KCDV
- Cordova, Alaska; United States;
- Broadcast area: South Central Alaska
- Frequency: 100.9 MHz
- Branding: The Eagle

Programming
- Format: Adult contemporary

Ownership
- Owner: Bayview Communications Inc.
- Sister stations: KLAM

History
- First air date: April 19, 1997

Technical information
- Licensing authority: FCC
- Facility ID: 56492
- Class: A
- ERP: 1,200 watts
- HAAT: -127 meters
- Transmitter coordinates: 60°32′19.1″N 145°45′43.2″W﻿ / ﻿60.538639°N 145.762000°W

Links
- Public license information: Public file; LMS;
- Website: cordovaradio.com

= KCDV =

KCDV, The Eagle, is a commercial adult contemporary music radio station in Cordova, Alaska, United States, broadcasting on 100.9 FM. The station started broadcasting on April 19, 1997, under the management of Bayview Communications.
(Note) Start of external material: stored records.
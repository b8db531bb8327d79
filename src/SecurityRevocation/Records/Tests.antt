-- ===== src/SecurityRevocation/Records/Tests.antt =====
-- Runs of a revocation (security_revocation.py).
use voucher_management_deskt.Calendar.{normalize_now}
use voucher_management_deskt.Database.Action.{transaction, ok}
use voucher_management_deskt.Prelude.{◌≡◌, true, strip, refl}
use voucher_management_deskt.Database.Queries.{insert_event}
use voucher_management_deskt.Samples.{sample_db, sample_calendar}
use voucher_management_deskt.SecurityRevocation.Records.{
  record_security_revocation_request, request_in_transaction,
}
use voucher_management_deskt.SecurityRevocation.Records.Intent.{IsMarked, intent_is_durable}

intent_recorded :
    (record_security_revocation_request sample_calendar 2 "2026-01-03" "ada" sample_db).0 ≡ ok true
unfolding record_security_revocation_request request_in_transaction insert_event transaction
    normalize_now strip
intent_recorded = refl

intent_is_durable_example :
    IsMarked 2 sample_db
      (record_security_revocation_request sample_calendar 2 "2026-01-03" "ada" sample_db).1
    × (record_security_revocation_request sample_calendar 2 "2026-01-03" "ada"
          (record_security_revocation_request sample_calendar 2 "2026-01-03" "ada" sample_db).1
        ≡ (
          ok true,
          (record_security_revocation_request sample_calendar 2 "2026-01-03" "ada" sample_db).1,
        ))
intent_is_durable_example =
    intent_is_durable sample_calendar 2 "2026-01-03" "ada" sample_db intent_recorded
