-- ===== src/SyncStore.antt =====
-- sync_store.py: a controller snapshot becomes durable state, observations and resolved requests.
pub mod Absences
pub mod Persist
pub mod Snapshot
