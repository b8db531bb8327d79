-- ===== src/SyncStore/Absences.antt =====
-- `inspect_snapshot_absences` of sync_store.py.
pub mod Plan
mod Tests
use voucher_management_deskt.Database.Queries.{is_archived}
use voucher_management_deskt.Database.Rows.{Voucher, Db}
use voucher_management_deskt.Prelude.{
  List, [], ◌∷◌, ℕ, String, Bool, clean_ids, strip, filter_by, if◌then◌else◌, eqb, ◌&&◌, is_empty,
  not, ◌||◌, elem, ◌==◌, leb,
}

pub record SnapshotAbsencePlan : Type 0 where
  pub suspected_ids : List String
  pub confirmation_ids : List String

-- the SELECT
abbrev pub is_present_row : ℕ → Voucher → Bool
is_present_row c v = eqb v.controller_id c && not (is_archived v) && v.present_on_controller

-- the loop over the rows
pub plan_rows : List String → List Voucher → SnapshotAbsencePlan
plan_rows present [] = record { suspected_ids = []; confirmation_ids = [] }
plan_rows present (v ∷ vs) =
    let plan = plan_rows present vs in
    let remote = strip v.unifi_id in
    if is_empty remote || elem ◌==◌ remote present then plan else record {
      suspected_ids = remote ∷ plan.suspected_ids;
      confirmation_ids =
          if leb 1 v.missing_observation_count
          then remote ∷ plan.confirmation_ids
          else plan.confirmation_ids;
    }

unfoldable pub inspect_snapshot_absences : ℕ → List String → Db → SnapshotAbsencePlan
unfolding plan_rows
inspect_snapshot_absences c present_ids db =
    plan_rows (clean_ids present_ids) (filter_by (is_present_row c) db.vouchers)
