-- ===== src/SyncStore/Absences/Plan.antt =====
-- What the plan of `inspect_snapshot_absences` (sync_store.py) holds.
use voucher_management_deskt.Database.Queries.{is_archived}
use voucher_management_deskt.Database.Rows.{Voucher, Db}
use voucher_management_deskt.Prelude.{
  List, ℕ, String, Bool, ◌≡◌, clean_ids, is_empty, elem, ◌∷◌, arith, Bool-cases, not, ◌==◌, strip,
  filter_by, ◌||◌, [], inl, refl, inr, leb, ◌&&◌, eqb, any_by,
}
use voucher_management_deskt.SyncStore.Absences.{
  SnapshotAbsencePlan, inspect_snapshot_absences, plan_rows, is_present_row,
}

-- Is this a row of the controller, with this remote id, that was there before, and that the list leaves
-- out?
abbrev pub is_left_out : ℕ → List String → String → Voucher → Bool
is_left_out c present u v =
    (u == strip v.unifi_id)
    && eqb v.controller_id c
    && not (is_archived v)
    && v.present_on_controller
    && not (is_empty (strip v.unifi_id))
    && not (elem ◌==◌ (strip v.unifi_id) present)

abbrev pub is_left_out_again : ℕ → List String → String → Voucher → Bool
is_left_out_again c present u v = is_left_out c present u v && leb 1 v.missing_observation_count

abbrev pub IsAbsencePlan : ℕ → List String → List Voucher → SnapshotAbsencePlan → Type 0
IsAbsencePlan c present vs plan =
    (u : String)
    → (elem ◌==◌ u plan.suspected_ids ≡ any_by (is_left_out c present u) vs)
      × (elem ◌==◌ u plan.confirmation_ids ≡ any_by (is_left_out_again c present u) vs)

plan_rows-IsAbsencePlan :
    (c : ℕ) (present : List String) (vs : List Voucher)
    → IsAbsencePlan c present vs (plan_rows present (filter_by (is_present_row c) vs))
unfolding plan_rows
plan_rows-IsAbsencePlan c present [] u = (refl, refl)
plan_rows-IsAbsencePlan c present (v ∷ vs) u =
    let ih = plan_rows-IsAbsencePlan c present vs u in
    elim (Bool-cases (is_present_row c v)) [
      | inl p ↦
          elim (Bool-cases (is_empty (strip v.unifi_id) || elem ◌==◌ (strip v.unifi_id) present)) [
            | inl e ↦ rw (p, e) (ground (arith, ih.0, p, e), ground (arith, ih.1, p, e))
            | inr e ↦ elim (Bool-cases (leb 1 v.missing_observation_count)) [
              | inl m ↦ rw (p, e, m) (ground (arith, ih.0, p, e), ground (arith, ih.1, p, e, m))
              | inr m ↦ rw (p, e, m) (ground (arith, ih.0, p, e), ground (arith, ih.1, p, e, m))
            ]
          ]
      | inr p ↦ rw p (ground (arith, ih.0, p), ground (arith, ih.1, p))
    ]

-- A list's plan suspects exactly the remote ids, not blank, of the controller's rows that are not
-- archived, were there before, and are not in the list; a direct read is asked exactly of those that at
-- least one earlier list had left out.
pub inspect_snapshot_absences-IsAbsencePlan :
    (c : ℕ) (present_ids : List String) (db : Db)
    → IsAbsencePlan c
        (clean_ids present_ids)
        db.vouchers
        (inspect_snapshot_absences c present_ids db)
unfolding inspect_snapshot_absences
inspect_snapshot_absences-IsAbsencePlan c present_ids db =
    plan_rows-IsAbsencePlan c (clean_ids present_ids) db.vouchers
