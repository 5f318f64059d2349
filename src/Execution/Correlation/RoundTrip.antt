-- ===== src/Execution/Correlation/RoundTrip.antt =====
-- A correlation identifier is parsed into what it was built of.
use mathlib.Core.Path.{subst}
use algo_trading.Common.{
  ℕ, ◌≡◌, refl, sym, ap, ◌∙◌, Bool, true, false, not, ◌&&◌, ◌||◌, some, [], ◌∷◌, ◌++◌, length,
  arith, ltb, ◌==◌, if-holds,
}
use algo_trading.Models.{Mode, paper, live, Result, ok, err, value_error}
use algo_trading.Execution.Correlation.{
  Text, max_length, strategy_token_length, underscore, is_digit, is_lower, is_alphanumeric, all_of,
  token, initials, without_dashes, is_compact_date, is_real, four_digits, namespace_of, joined,
  within_limit, composed, build_correlation_id, ParsedCorrelationId, chomp, with_first, split,
  is_word, is_eight_digits, field, parsed_sequence, parsed_date, parsed_strategy, mode_of,
  parsed_words, parsed, parse_correlation_id, value_of,
}
use algo_trading.Execution.Correlation.Numerals.{
  and_parts, and_true, all_of-append, four_digits-value_of,
}
use algo_trading.Execution.Correlation.Words.{IfText, token-is_word, initials-is_word}

not_underscore : (c : ℕ) → is_alphanumeric c ≡ true → (c == underscore) ≡ false
unfolding is_alphanumeric
not_underscore c h = ground (arith, h)

-- A text of letters and digits is what stands before the first underscore.
split-word :
    (word rest : Text)
    → all_of is_alphanumeric word ≡ true
    → split (word ++ (underscore ∷ rest)) ≡ some (word, rest)
unfolding split all_of
split-word [] rest h = refl
split-word (c ∷ cs) rest h =
    let parts = and_parts (is_alphanumeric c) (all_of is_alphanumeric cs) h in
    rw (not_underscore c parts.0, split-word cs rest parts.1) (unfold with_first in refl)

digit_alphanumeric : (c : ℕ) → is_digit c ≡ true → is_alphanumeric c ≡ true
unfolding is_alphanumeric
digit_alphanumeric c h = ground (arith, h)

digits_alphanumeric : (cs : Text) → all_of is_digit cs ≡ true → all_of is_alphanumeric cs ≡ true
unfolding all_of
digits_alphanumeric [] h = refl
digits_alphanumeric (c ∷ cs) h =
    let parts = and_parts (is_digit c) (all_of is_digit cs) h in
    and_true (is_alphanumeric c) _ (digit_alphanumeric c parts.0) (digits_alphanumeric cs parts.1)

-- The characters of an identifier.
unfoldable is_plain : ℕ → Bool
unfolding is_alphanumeric
is_plain c = is_alphanumeric c || (c == underscore)

plain_char : (c : ℕ) → is_alphanumeric c ≡ true → is_plain c ≡ true
unfolding is_plain
plain_char c h = ground (arith, h)

plain_of : (cs : Text) → all_of is_alphanumeric cs ≡ true → all_of is_plain cs ≡ true
unfolding all_of
plain_of [] h = refl
plain_of (c ∷ cs) h =
    let parts = and_parts (is_alphanumeric c) (all_of is_alphanumeric cs) h in
    and_true (is_plain c) _ (plain_char c parts.0) (plain_of cs parts.1)

chomp_plain : (cs : Text) → all_of is_plain cs ≡ true → chomp cs ≡ cs
unfolding chomp all_of
chomp_plain [] h = refl
chomp_plain (c ∷ []) h =
    let parts = and_parts (is_plain c) true h in
    let kept : (c == 10) ≡ false = unfold is_plain in ground (arith, parts.0) in rw kept refl
chomp_plain (c ∷ d ∷ cs) h =
    let parts = and_parts (is_plain c) (all_of is_plain (d ∷ cs)) h in
    ap (λ l. c ∷ l) (chomp_plain (d ∷ cs) parts.1)

-- A word and the rest of an identifier, after an underscore.
plain_field :
    (word rest : Text)
    → all_of is_alphanumeric word ≡ true
    → all_of is_plain rest ≡ true
    → all_of is_plain (underscore ∷ (word ++ rest)) ≡ true
plain_field word rest h g =
    unfold all_of is_plain is_alphanumeric in all_of-append is_plain word rest (plain_of word h) g

abbrev pub result_of : Mode → Text → Text → Text → ℕ → ParsedCorrelationId
result_of mode r s date n = record {
  execution_mode = mode;
  runtime_token = r;
  strategy_token = s;
  trading_date = date;
  sequence_number = n;
}

field_found :
    (p : Text → Bool) (word rest : Text)
    → all_of is_alphanumeric word ≡ true
    → p word ≡ true
    → field p (split (word ++ (underscore ∷ rest))) ≡ some (word, rest)
unfolding field
field_found p word rest h fits = rw (split-word word rest h, fits) refl

sequence_parsed :
    (mode : Mode) (r s date : Text) (n : ℕ)
    → parsed_sequence mode r s (some (date, four_digits n)) ≡ ok (result_of mode r s date n)
unfolding parsed_sequence
sequence_parsed mode r s date n =
    let digits = four_digits-value_of n in rw (digits.0, digits.1) refl

word_parts : (word : Text) → is_word word ≡ true → all_of is_alphanumeric word ≡ true
unfolding is_word
word_parts word h = (and_parts (not (length word == 0)) (all_of is_alphanumeric word) h).1

date_parts : (date : Text) → is_compact_date date ≡ true → is_eight_digits date ≡ true
unfolding is_compact_date is_eight_digits
date_parts date h =
    (and_parts (length date == 8 && all_of is_digit date) (is_real (value_of 0 date)) h).0

eight_parts : (date : Text) → is_eight_digits date ≡ true → all_of is_alphanumeric date ≡ true
unfolding is_eight_digits
eight_parts date h =
    digits_alphanumeric date (and_parts (length date == 8) (all_of is_digit date) h).1

namespace_mode : (mode : Mode) → mode_of (namespace_of mode) ≡ some mode
unfolding mode_of namespace_of
namespace_mode paper = refl
namespace_mode live = refl

parsed-joined :
    (mode : Mode) (r s date : Text) (n : ℕ)
    → is_word r ≡ true
    → is_word s ≡ true
    → is_eight_digits date ≡ true
    → parsed (joined mode r s date n) ≡ ok (result_of mode r s date n)
unfolding parsed joined parsed_words
parsed-joined mode r s date n hr hs hd =
    let fr =
      field_found is_word r (s ++ (underscore ∷ (date ++ (underscore ∷ four_digits n))))
        (word_parts r hr) hr in
    let fs = field_found is_word s (date ++ (underscore ∷ four_digits n)) (word_parts s hs) hs in
    let fd = field_found is_eight_digits date (four_digits n) (eight_parts date hd) hd in
    rw namespace_mode (
      ap (parsed_strategy mode) fr
      ∙ (unfold parsed_strategy in ap (parsed_date mode r) fs)
      ∙ (unfold parsed_date in ap (parsed_sequence mode r s) fd)
      ∙ sequence_parsed mode r s date n)

first_plain :
    (mode : Mode) (rest : Text)
    → all_of is_plain rest ≡ true
    → all_of is_plain (namespace_of mode ∷ rest) ≡ true
unfolding all_of namespace_of is_plain is_alphanumeric is_lower
first_plain paper rest h = h
first_plain live rest h = h

joined_plain :
    (mode : Mode) (r s date : Text) (n : ℕ)
    → is_word r ≡ true
    → is_word s ≡ true
    → is_eight_digits date ≡ true
    → all_of is_plain (joined mode r s date n) ≡ true
unfolding joined
joined_plain mode r s date n hr hs hd =
    let digits =
      plain_of (four_digits n) (digits_alphanumeric (four_digits n) (four_digits-value_of n).2) in
    let last : all_of is_plain (underscore ∷ four_digits n) ≡ true =
      unfold all_of is_plain is_alphanumeric in digits in
    let dated = plain_field date (underscore ∷ four_digits n) (eight_parts date hd) last in
    let named = plain_field s _ (word_parts s hs) dated in
    let all = plain_field r _ (word_parts r hr) named in first_plain mode _ all

text_of : Result Text → Text
text_of (ok t) = t
text_of (err e) = []

within_same : (t id : Text) → within_limit t ≡ ok id → t ≡ id
unfolding within_limit
within_same t id =
    if-holds (λ r. r ≡ ok id → t ≡ id) (ltb max_length (length t)) (err value_error) (ok t)
      (λ _ made. absurd (ground (arith, made))) (λ _ made. unfold text_of in ap text_of made)

limited_parsed :
    (mode : Mode) (r s date : Text) (n : ℕ) (id : Text)
    → is_word r ≡ true
    → is_word s ≡ true
    → is_eight_digits date ≡ true
    → within_limit (joined mode r s date n) ≡ ok id
    → parse_correlation_id id ≡ ok (result_of mode r s date n)
unfolding parse_correlation_id
limited_parsed mode r s date n id hr hs hd made =
    let whole = joined mode r s date n in
    let same : whole ≡ id = within_same whole id made in
    subst (λ t. parsed (chomp t) ≡ ok (result_of mode r s date n)) same
      (rw (chomp_plain whole (joined_plain mode r s date n hr hs hd))
        (parsed-joined mode r s date n hr hs hd))

composed_of :
    (mode : Mode) (date : Text) (n : ℕ) (r s : Text) (x y : Result Text)
    → x ≡ ok r
    → y ≡ ok s
    → composed mode x y date n ≡ within_limit (joined mode r s date n)
unfolding composed
composed_of mode date n r s x y known_r known_s =
    ap (λ z. composed mode z y date n) known_r ∙ ap (λ z. composed mode (ok r) z date n) known_s

built_date :
    (mode : Mode) (runtime_id strategy_id trading_date id : Text) (n : ℕ)
    → build_correlation_id mode runtime_id strategy_id trading_date n ≡ ok id
    → is_compact_date (without_dashes trading_date) ≡ true
unfolding build_correlation_id
built_date mode runtime_id strategy_id trading_date id n =
    let date = without_dashes trading_date in
    let build =
      composed mode (initials 3 runtime_id) (token strategy_token_length strategy_id) date n in
    if-holds (λ (z : Result Text). z ≡ ok id → is_compact_date date ≡ true) (is_compact_date date)
      build (err value_error) (λ real _. real) (λ _ made. absurd (ground (arith, made)))

built_text :
    (mode : Mode) (runtime_id strategy_id trading_date id : Text) (n : ℕ)
    → build_correlation_id mode runtime_id strategy_id trading_date n ≡ ok id
    → composed mode (initials 3 runtime_id) (token 4 strategy_id) (without_dashes trading_date) n
      ≡ ok id
unfolding build_correlation_id
built_text mode runtime_id strategy_id trading_date id n =
    let date = without_dashes trading_date in
    let build = composed mode (initials 3 runtime_id) (token 4 strategy_id) date n in
    if-holds (λ (z : Result Text). z ≡ ok id → build ≡ ok id) (is_compact_date date) build
      (err value_error) (λ _ made. made) (λ _ made. absurd (ground (arith, made)))

-- Parsing an identifier that was built gives back the mode, the tokens of the runtime and of the
-- strategy, the date without its dashes, and the sequence number.
pub parse_correlation_id-build_correlation_id :
    (mode : Mode) (runtime_id strategy_id trading_date r s id : Text) (n : ℕ)
    → initials 3 runtime_id ≡ ok r
    → token 4 strategy_id ≡ ok s
    → build_correlation_id mode runtime_id strategy_id trading_date n ≡ ok id
    → parse_correlation_id id ≡ ok (result_of mode r s (without_dashes trading_date) n)
parse_correlation_id-build_correlation_id mode runtime_id strategy_id trading_date r s id n known_r
      known_s built =
    let date = without_dashes trading_date in
    let real = built_date mode runtime_id strategy_id trading_date id n built in
    let hr = subst IfText known_r (initials-is_word 2 runtime_id) in
    let hs = subst IfText known_s (token-is_word 3 strategy_id) in
    let made : within_limit (joined mode r s date n) ≡ ok id =
      sym
        (composed_of mode date n r s (initials 3 runtime_id) (token 4 strategy_id) known_r known_s)
      ∙ built_text mode runtime_id strategy_id trading_date id n built in
    limited_parsed mode r s date n id hr hs (date_parts date real) made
KCDV plays a mix of music from the 1980s and onwards.

== History ==
Before KCDV started broadcasting in 1997, the main station in the Cordova area was KLAM AM, broadcasting a range of genres including 80's, classic rock and country, along with news and sport.

== Technical ==
The station broadcasts on 100.9 FM at 970 watts with a range of approximately 27 miles. KCDV broadcasts in high fidelity stereo.